The name comes from the Interference Project; in this context, interference is a fundamental physical phenomenon in which two waves superpose to form a resultant wave of greater, lower, or the same amplitude.

The i.o.cluster project is an open source, pure Java framework. The basic unit of the i.o.cluster service is a node, which can be a standalone running service or a service running within a Java application.

Each i.o.cluster node has its own persistent storage and can be considered and used as a local database. It operates with plain old Java objects (POJOs). In addition, it uses base JPA annotations (such as @Entity, @Table, @Column, @Transient, @Index, and @GeneratedValue) for object mapping directly to persistent storage. It provides the following basic features:

◉ It supports transactions and SQL queries with READ COMMITTED isolation level.

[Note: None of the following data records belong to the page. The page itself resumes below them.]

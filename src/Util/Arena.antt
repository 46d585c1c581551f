-- ===== src/Util/Arena.antt =====
-- The arena of src/util/util.c. An address is an offset from `base`. What is stored behind an
-- address is kept by value in the structures that hold the pointer. `arena_push` also reads the `n`
-- bytes that it copies: that they may be read is the caller's affair, and is not modelled.
use morphl.Prelude.{
  ℕ, ◌+◌, ◌%◌, ◌^◌, ◌<◌, ◌≤◌, ◌≡◌, ap, Option, none, some, ltb, if◌then◌else◌, arith,
}
use native.Mathlib.Nat.{mod-eq_of_lt}

pub record Arena : Type 0 where
  pub cap : ℕ
  pub off : ℕ

-- The sum is one of sizes of objects, which are below 2^63, so it does not wrap in a `size_t`.
unfoldable pub arena_push : Arena → ℕ → Option (ℕ × Arena)
arena_push a n = if ltb a.cap (a.off + n) then none else some (a.off, record a { off = a.off + n })

-- The test of the source, with the sum in a `size_t`, is the one above for sizes of objects.
arena_push-size_t :
    (a : Arena) (n : ℕ)
    → a.off ≤ a.cap
    → a.cap < 2 ^ 63
    → n < 2 ^ 63
    → ltb a.cap ((a.off + n) % 2 ^ 64) ≡ ltb a.cap (a.off + n)
arena_push-size_t a n within small size =
    ap (ltb a.cap) (mod-eq_of_lt (omega (arith, within, small, size)))

unfoldable pub arena_init : ℕ → Arena
arena_init cap = record { cap = cap; off = 0 }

◉ It uses persistent indices for fast access to data and to increase the performance of SQL joins.

◉ It allows flexible management of data in memory for the stable operation of a node at any ratio of storage size to available memory. Depending on the problem being solved, you can choose to allocate all data directly in memory with a sufficient heap size or use access to huge storage resources with a minimum heap size in the Java application.

Each of the nodes includes the following mechanisms; Figure 1 shows how they fit together.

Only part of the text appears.